Donin’s charges against the Talmud were artificial and Yehiel’s attempt at defence tortuous, but of course this was never going to be a fair contest. It was no surprise that Yehiel didn’t win the debate and what really mattered was not the outcome, but what happened next. The consequences of Yehiel’s defeat were far-reaching. Two years after the debate, in 1242, a papal commission condemned the Talmud and urged Louis IX to issue an edict for all copies of the Talmud to be burnt. Louis was not slow to react. He despatched inspectors across the realm, charging them to ransack the Jewish neighbourhoods in both
cities and villages. The inspectors, most of whom could not read Hebrew, were unable to tell which volumes were copies of the Talmud and which were not. They confiscated everything they found.

Books were the lifeblood of Jewish life; the people may have been as poor as any in the Middle Ages but they had pride in their learning. Their books were often all they had. Study was an end in itself and the highest aspiration of any Jewish parent was that their son would become a rabbinic scholar, an authority in Talmud. They wouldn’t have given up their holy books without a fight, many of those fights would have ended in bloodshed and tragedy.

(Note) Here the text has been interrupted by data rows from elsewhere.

-- ===== src/Dmt/Merkle/Tree.antt =====
-- What holds of a tree that was made by `Insert` and `Rebuild`, in any order.
pub mod Rebuilding
pub mod Proofs
pub mod Diffs
pub mod Reported
pub mod Gaps
use datura.Prelude.{
  ℕ, zero, suc, ◌+◌, ◌≤◌, ◌<◌, ◌≡◌, ◌≢◌, refl, ap, ◌∙◌, sym, Bool, true, false, Option, none, some,
  List, [], ◌∷◌, arith, if◌then◌else◌, length, All, Ordering,
}
use datura.Prelude.Bytes.{Bytes, bytes_compare, bytes_equal}
use datura.Dmt.SortedSlice.{IsSorted, put_key}
use datura.Dmt.Merkle.Nodes.{
  MerkleNode, leaf, pair, single, address_of, hash_of, key_of, value_of, MerkleSnapshot, MerkleTree,
  new_merkle_tree, hash_kv, new_leaf, insert, verify,
}
use datura.Dmt.Merkle.Nodes.Laws.{Sorted, leaves-insert, verify-insert}
use datura.Dmt.Merkle.Build.{rebuild}
use datura.Dmt.Merkle.Build.Levels.{Fresh, Distinct, Below, level, levels, build_level_lem}

module _ (P : MerkleNode → Type 0) where
  All-put : (v : MerkleNode) (xs : List MerkleNode) → P v → All P xs → All P (put_key key_of v xs)
  unfolding put_key
  All-put v [] p h = (p, tt)
  All-put v (x ∷ xs) p h = ground (arith, All-put v xs p h.1)

Distinct-put :
    (v : MerkleNode) (xs : List MerkleNode)
    → Fresh (address_of v) xs
    → Distinct xs
    → Distinct (put_key key_of v xs)
unfolding put_key
Distinct-put v [] f d = (tt, tt)
Distinct-put v (x ∷ xs) f d = ground (
  arith,
  Distinct-put v xs f.1 d.1,
  All-put (λ y. address_of y ≢ address_of x) v xs (λ e. f.0 (sym e)) d.0,
)

module _ (sha256 : Bytes → Bytes) where
  -- A leaf allocated below `n`, with the hash of its own key and value.
  abbrev pub Made : ℕ → MerkleNode → Type 0
  Made n (leaf a k v h) = (a < n) × (h ≡ hash_kv sha256 k v)
  Made n (pair a l r h) = ⊥
  Made n (single a l h) = ⊥

  -- The root and the parent map are those built over the leaves.
  pub record Built (s : MerkleSnapshot) : Type 0 where
    pub base : ℕ
    pub low : Below base s.leaves
    pub rooted : (levels sha256 (length s.leaves) s.leaves [] base).0 ≡ s.root
    pub parented : (levels sha256 (length s.leaves) s.leaves [] base).1 ≡ s.parent

  pub record IsValid (t : MerkleTree) : Type 0 where
    pub sorted : Sorted t.snapshot
    pub made : All (Made t.next) t.snapshot.leaves
    pub distinct : Distinct t.snapshot.leaves
    pub built : t.snapshot.modified ≡ false → Built t.snapshot

  Made-mono : (n k : ℕ) (x : MerkleNode) → n ≤ k → Made n x → Made k x
  Made-mono n k (leaf a key v h) p (q, e) = (omega arith, e)
  Made-mono n k (pair a l r h) p q = q
  Made-mono n k (single a l h) p q = q

  All-Made_mono : (n k : ℕ) (xs : List MerkleNode) → n ≤ k → All (Made n) xs → All (Made k) xs
  All-Made_mono n k [] p h = tt
  All-Made_mono n k (x ∷ xs) p h = (Made-mono n k x p h.0, All-Made_mono n k xs p h.1)

  Made-below : (n : ℕ) (x : MerkleNode) → Made n x → address_of x < n
  Made-below n (leaf a k v h) (q, e) = q
  Made-below n (pair a l r h) q = absurd q
  Made-below n (single a l h) q = absurd q

  pub Made-Below : (n : ℕ) (xs : List MerkleNode) → All (Made n) xs → Below n xs
  Made-Below n [] h = tt
  Made-Below n (x ∷ xs) h = (Made-below n x h.0, Made-Below n xs h.1)

  Below-Fresh : (n : ℕ) (xs : List MerkleNode) → Below n xs → Fresh n xs
  Below-Fresh n [] h = tt
  Below-Fresh n (x ∷ xs) h = (omega arith, Below-Fresh n xs h.1)

  pub new_merkle_tree-IsValid : IsValid new_merkle_tree
  unfolding new_merkle_tree levels
  new_merkle_tree-IsValid = record {
    sorted = tt;
    made = tt;
    distinct = tt;
    built = λ _. record { base = 0; low = tt; rooted = refl; parented = refl };
  }

  pub insert-IsValid :
      (t : MerkleTree) (key value : Bytes) → IsValid t → IsValid (insert sha256 t key value)
  insert-IsValid t key value v =
      let node = new_leaf sha256 t.next key value in
      let e = leaves-insert sha256 t key value v.sorted in
      record {
        sorted = (verify-insert sha256 t key value key value v.sorted).1;
        made = rw e (
            unfold insert new_leaf in
            All-put (Made (suc t.next)) node t.snapshot.leaves (omega arith, refl)
              (All-Made_mono t.next (suc t.next) t.snapshot.leaves (omega arith) v.made));
        distinct = rw e (
            unfold new_leaf in
            Distinct-put node t.snapshot.leaves
              (Below-Fresh t.next t.snapshot.leaves (Made-Below t.next t.snapshot.leaves v.made))
              v.distinct);
        built = unfold insert in λ h. absurd (cc);
      }

  levels-next :
      (f : ℕ) (ns : List MerkleNode) (m : datura.Dmt.Merkle.Nodes.Parents) (n : ℕ)
      → n ≤ (levels sha256 f ns m n).2
  unfolding levels
  levels-next zero ns m n = omega arith
  levels-next (suc f) [] m n = omega arith
  levels-next (suc f) (x ∷ []) m n = omega arith
  levels-next (suc f) (l ∷ r ∷ ns) m n =
      let up = level sha256 (l ∷ r ∷ ns) n in
      omega (
        arith,
        levels-next f up (datura.Dmt.Merkle.Build.Levels.links sha256 (l ∷ r ∷ ns) m n)
            (n + length up),
      )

The impact went far beyond those from whom the books were wrenched. Twenty four wagonloads of books were brought to the pyre in a square in Paris. This was long before printing reached Europe. Every book had been written by hand. Thousands of manuscripts, each of which would have taken weeks or months to write, were burned. Many works of which only a few copies existed were lost to the world for ever. Shmuel ben Shlomo, who may have helped Yehiel prepare for the disputation, complains that:

My spirit is departed, my strength exhausted and there is no light in my eyes due to the wrath of the enemy. He forcefully overpowered us, he took the soul and delight of our eyes, we have no book in our hands to comprehend or to understand.